鄉間的土路坑坑窪窪。駱駝的大掌如履平地,頃刻間超了兩輛馬車、一頭小毛驢,一個騎馬的官差。那駱駝忽然見到一隻烏鴉,來了興致,橫衝直撞地追起來。

林玉嬋只能緊緊抓住駱駝背上一撮毛。好在駱駝寬大穩當,只要夾緊了,也不太容易掉下去。

兩人漸漸掌握訣竅,用韁繩抽打駱駝身側來轉彎。

大清時的華北鄉下,饑荒、瘟疫和戰亂連綿,很少見到江南一樣人煙稠密的村莊。
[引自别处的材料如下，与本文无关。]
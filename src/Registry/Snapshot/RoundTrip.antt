-- ===== src/Registry/Snapshot/RoundTrip.antt =====
-- A registry is read back from its snapshot as it was written.
use mathlib.Core.Path.{subst}
use radio_sensors.Prelude.{
  ℕ, zero, suc, ◌+◌, ◌-◌, ◌*◌, ◌%◌, ◌≤◌, ◌≡◌, refl, sym, ap, ◌∙◌, true, Bool, List, [], ◌∷◌, ◌++◌,
  some, arith, length, take, drop, All, IsU16, IsU32, leb, ◌==◌, ==_iff,
}
use radio_sensors.Prelude.Result.{Result, ok, ◌>>=◌, ◌>>◌, check}
use radio_sensors.Wire.{store, write_u32_le, read_u32_le}
use radio_sensors.Gateway.Snapshot.{crc32}
use radio_sensors.Gateway.Snapshot.RoundTrip.{
  sealed, crc-sealed, take-sealed, generation_read, append_assoc, passes, take-append_all,
}
use radio_sensors.Registry.{NodeRecord, NodeRegistry, blank, blanks, max_nodes}
use radio_sensors.Registry.Name.{valid_display_name}
use radio_sensors.Registry.Updates.{restore, stored_name}
use radio_sensors.Registry.Table.{Pairwise}
use radio_sensors.Registry.Invariant.{Apart, IsRecord, IsRegistry}
use radio_sensors.Registry.Invariant.Restore.{restore_iff_records, restore-accepted}
use radio_sensors.Registry.Snapshot.{
  SnapshotError, node_bytes, nodes_bytes, node_of, read_nodes, registry_bytes,
  encode_registry_snapshot, restored_from, decode_registry_snapshot, max_registry_snapshot_size,
}

-- The widths of a record's fields that take more than a byte.
pub record IsStored (r : NodeRecord) : Type 0 where
  pub profile_u16 : IsU16 r.profile_id
  pub nonce_u32 : IsU32 r.request_nonce

node_of-node_bytes :
    (r : NodeRecord) (rest : List ℕ) → IsStored r → node_of (node_bytes r ++ rest) ≡ r
node_of-node_bytes r rest w =
    ground (arith, w.profile_u16, generation_read r.request_nonce w.nonce_u32)

name_size : (r : NodeRecord) → IsRecord r → leb r.display_name_length 48 ≡ true
name_size r v = size (valid_display_name (some (stored_name r)) r.display_name_length) refl
  where
    size :
        (b : Bool)
        → valid_display_name (some (stored_name r)) r.display_name_length ≡ b
        → leb r.display_name_length 48 ≡ true
    size b e = unfold valid_display_name in ground (arith, v.named)

read_nodes-nodes_bytes :
    (rs : List NodeRecord) (rest : List ℕ)
    → All IsRecord rs
    → All IsStored rs
    → read_nodes (length rs) (nodes_bytes rs ++ rest) ≡ ok rs
unfolding read_nodes nodes_bytes
read_nodes-nodes_bytes [] rest v w = refl
read_nodes-nodes_bytes (r ∷ rs) rest v w =
    passes _ _ _ (name_size r v.0)
    ∙ rw (read_nodes-nodes_bytes rs rest v.1 w.1)
        (ap (λ x. ok (x ∷ rs)) (node_of-node_bytes r (nodes_bytes rs ++ rest) w.0))

pub length-nodes_bytes : (rs : List NodeRecord) → length (nodes_bytes rs) ≡ length rs * 72
unfolding nodes_bytes
length-nodes_bytes [] = refl
length-nodes_bytes (r ∷ rs) = omega (arith, length-nodes_bytes rs)

-- A spare part that is blank is made of blanks.
blank_spare→blanks :
    (n : ℕ) (rs : List NodeRecord) → All (λ s. s ≡ blank) rs → length rs ≡ n → rs ≡ blanks n
blank_spare→blanks zero [] v e = refl
blank_spare→blanks zero (r ∷ rs) v e = absurd (omega arith)
blank_spare→blanks (suc n) [] v e = absurd (omega arith)
blank_spare→blanks (suc n) (r ∷ rs) v e =
    ap (λ s. s ∷ rs) v.0 ∙ ap (λ l. blank ∷ l) (blank_spare→blanks n rs v.1 (omega arith))

IsRegistry→blanks :
    (r : NodeRegistry)
    → IsRegistry r
    → r ≡ record { live = r.live; spare = blanks (max_nodes - length r.live) }
IsRegistry→blanks r v =
    ap (λ s. record r { spare = s })
      (blank_spare→blanks (max_nodes - length r.live) r.spare v.blank_spare
        (omega (arith, v.sized)))

-- The array that a decoder restores from.
restore_live :
    (old : NodeRegistry) (r : NodeRegistry)
    → IsRegistry r
    → restore old (some (r.live ++ blanks (max_nodes - length r.live))) (length r.live) ≡ (r, true)
restore_live old r v =
    let records = r.live ++ blanks (max_nodes - length r.live) in
    let taken = take-append_all r.live (blanks (max_nodes - length r.live)) in
    let accepted = (restore_iff_records old records (length r.live)).1 (
      omega (arith, v.sized),
      subst (All IsRecord) (sym taken) v.records,
      subst (Pairwise Apart) (sym taken) v.distinct,
    ) in
    restore-accepted old records (length r.live) accepted
    ∙ ap (λ l. (record { live = l; spare = blanks (max_nodes - length r.live) }, true)) taken
    ∙ ap (λ s. (s, true)) (sym (IsRegistry→blanks r v))

module _ (r : NodeRegistry) (generation : ℕ) (buffer : List ℕ) (v : IsRegistry r)
    (w : All IsStored r.live) where
  abbrev front : List ℕ
  front = registry_bytes r generation

  abbrev written : List ℕ
  written = store (sealed front) buffer

  -- What decoding does behind the version, for a count of records.
  abbrev rest_of : NodeRegistry → List ℕ → ℕ → ℕ → Result SnapshotError NodeRegistry
  rest_of old bytes size count = do
    check (leb count 64) SnapshotError.invalid_record_count
    check (size == 12 + count * 72 + 4) SnapshotError.invalid_size
    check (read_u32_le bytes (size - 4) == crc32 (take (size - 4) bytes)) SnapshotError.crc_mismatch
    records ← read_nodes count (drop 12 bytes)
    let restored = restore old (some (records ++ blanks (64 - count))) count
    check restored.1 SnapshotError.invalid_registry
    ok restored.0

  pub live_le : length r.live ≤ 64
  live_le = omega (arith, v.sized)

  pub size_front : 12 + length r.live * 72 + 4 - 4 ≡ length front
  size_front = omega (arith, length-nodes_bytes r.live)

  nodes_read : read_nodes (length r.live) (drop 12 written) ≡ ok r.live
  nodes_read =
      ap (read_nodes (length r.live)) (
        append_assoc (nodes_bytes r.live) (write_u32_le (crc32 front))
          (drop (length (sealed front)) buffer))
      ∙ read_nodes-nodes_bytes r.live _ v.records w

  restored_from-sealed :
      (old : NodeRegistry) → restored_from written (12 + length r.live * 72 + 4) old ≡ ok r
  unfolding restored_from
  restored_from-sealed old =
      let size = 12 + length r.live * 72 + 4 in
      passes _ _ _ (large (length r.live * 72))
      ∙ passes SnapshotError.invalid_magic true _ refl
      ∙ passes SnapshotError.unsupported_version true _ refl
      ∙ ap (rest_of old written size) (small (length r.live) live_le)
      ∙ passes _ _ _ (le_test (length r.live) live_le)
      ∙ passes _ _ _ ((==_iff size size).1 refl)
      ∙ passes _ _ _ (
          (==_iff _ _).1 (
            crc-sealed front buffer (size - 4) size_front
            ∙ sym (ap crc32 (take-sealed front buffer (size - 4) size_front))))
      ∙ rw (nodes_read, restore_live old r v) refl
    where
      large : (n : ℕ) → leb 16 (12 + n + 4) ≡ true
      large n = ground arith

      small : (n : ℕ) → n ≤ 64 → n % 256 ≡ n
      small n h = omega arith

      le_test : (n : ℕ) → n ≤ 64 → leb n 64 ≡ true
      le_test n h = ground (arith, h)

  pub decode-sealed_registry :
      (old : NodeRegistry)
      → IsU32 generation
      → decode_registry_snapshot (some written) (12 + length r.live * 72 + 4) old
        ≡ ok (r, generation)
  unfolding decode_registry_snapshot
  decode-sealed_registry old g =
      rw (restored_from-sealed old) (ap (λ (n : ℕ). ok (r, n)) (generation_read generation g))

-- Into any buffer of the largest snapshot's size or more, a well-formed registry, with words in
-- range, is encoded, and what stands there is decoded to it, with the generation, whatever the
-- registry is that it is read into.
pub decode-encode_registry_snapshot :
    (r old : NodeRegistry) (generation : ℕ) (buffer : List ℕ) (capacity : ℕ)
    → IsRegistry r
    → All IsStored r.live
    → IsU32 generation
    → max_registry_snapshot_size ≤ capacity
    → (encode_registry_snapshot r generation (some buffer) capacity >>= λ sent.
        decode_registry_snapshot (some sent.0) sent.1 old)
      ≡ ok (r, generation)
unfolding encode_registry_snapshot
decode-encode_registry_snapshot r old generation buffer capacity v w g h =
    rw (fits (length r.live) (live_le r generation buffer v w))
      (decode-sealed_registry r generation buffer v w old g)
  where
    fits : (n : ℕ) → n ≤ 64 → leb (12 + n * 72 + 4) capacity ≡ true
    fits n k = ground (arith, k, h)
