-- ===== src/Aggregator/Change.antt =====
-- What the 24 hour change of internal/domain/aggregator.go is a change from.
use termino.Prelude.{ℕ, ◌<◌, ◌≡◌, refl, sym, ap, ◌∙◌, List, [], ◌∷◌, some, arith}
use termino.Prelude.Int.{ℤ}
use termino.Prelude.Text.{Text, text_eq}
use termino.Prelude.Dict.{lookup}
use mathlib.Core.Option.{some-injective}
use termino.Float.{Float}
use termino.Models.{PriceEvent, AggregatedPrice}
use termino.Aggregator.{
  PriceWindow, PriceAggregator, new, push, window_for, aggregate_of, report, compute_aggregate, add,
  run,
}
use termino.Aggregator.Window.{events_of, window_spec, run-Tracks, add_inversion, pushed}

module _ {F : Type 0} ⦃fl : Float F⦄ where
  abbrev pub first_or : PriceEvent F → List (PriceEvent F) → PriceEvent F
  first_or e [] = e
  first_or e (x ∷ xs) = x

  base-push :
      (n : ℕ) (xs : List (PriceEvent F)) (e : PriceEvent F)
      → (push n (window_for (window_spec n xs) e) e).base_price ≡ (first_or e xs).price
  unfolding push window_for
  base-push n [] e = refl
  base-push n (x ∷ xs) e = refl

  change_of_report :
      (now : ℤ) (s : Text) (w : PriceWindow F) (ps : List (PriceEvent F)) {r : AggregatedPrice F}
      → aggregate_of now s w ps ≡ some r
      → r.change24h ≡ fl.sub w.last_price w.base_price
  unfolding aggregate_of report
  change_of_report now s w [] h = cc
  change_of_report now s w (p ∷ ps) h = ground arith

  last_price-push :
      (n : ℕ) (w : PriceWindow F) (e : PriceEvent F) → (push n w e).last_price ≡ e.price
  unfolding push
  last_price-push n w e = refl

  -- After any history from a new aggregator, the change that `Add` reports is the price of the
  -- event less the price of the first event of its symbol since the start, whatever the times of
  -- the two are.
  pub run_change :
      (n : ℕ) (es : List (ℤ × PriceEvent F)) (now : ℤ) (e : PriceEvent F) {a b : PriceAggregator F}
      {rs : List (AggregatedPrice F)} {r : AggregatedPrice F}
      → 0 < n
      → run (new n) es ≡ some (a, rs)
      → add now a e ≡ some (b, r)
      → r.change24h ≡ fl.sub e.price (first_or e (events_of e.symbol es)).price
  unfolding compute_aggregate
  run_change n es now e {a} {r = r} h ran added =
      let (a', rs', ran', _, size, tracks) = run-Tracks (new n) [] es h (λ s. refl) in
      let same : a' ≡ a =
        ap (λ (x : PriceAggregator F × List (AggregatedPrice F)). x.0)
          (some-injective _ _ (sym ran' ∙ ran)) in
      let (_, found) = add_inversion now a e added in
      let old : lookup e.symbol a.windows ≡ window_spec a.max_size (events_of e.symbol es) =
        rw same at (tracks e.symbol) in
      let w : PriceWindow F = pushed a e in
      change_of_report now e.symbol w w.prices found
      ∙ cc (
        last_price-push a.max_size (window_for (lookup e.symbol a.windows) e) e,
        base-push a.max_size (events_of e.symbol es) e,
        old,
      )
一頭髮瘋的駱駝沿著潮白河古驛道奔跑,沿途只有幾個人注意到,喊兩聲,但那駱駝一陣風似的跑走了,也沒人追得上。

入冬的華北大地凜冽蕭索,兩側的田地毛躁荒蕪,野貓野狗在路邊扎堆,孤墳枯井點綴著低矮的山丘古道。蒼白的夕陽把那個奔跑的影子拉得長長的。

林玉嬋忍不住放聲大叫。

等到天擦黑,路邊人漸漸多起來,有了地攤和茶鋪、棧房和貨倉。天津口音的客商風風火火地來去,驢車獨輪車堵成一團。

騎著駱駝太拉風。蘇敏官叫停了駱駝,跳下來,又把林玉嬋接了下來,拍拍那駱駝腦袋。

駱駝識路,自覺向後轉,揚著小船一般的蹄子撒歡奔走。

林玉嬋還沒站穩腿腳,驀地有人趕到身邊,粗聲說話:「喂,老大,怎麼去了一天才回來?喏,你的槍。」

然後又轉頭:「咦,林姑娘!」

林玉嬋驚喜叫道:「江大哥!」

江高升和洪春魁都跟來北方了,只不過沒蘇敏官那麼大膽子,不敢去北京挑釁皇權,只能在天津貓著,等待接應。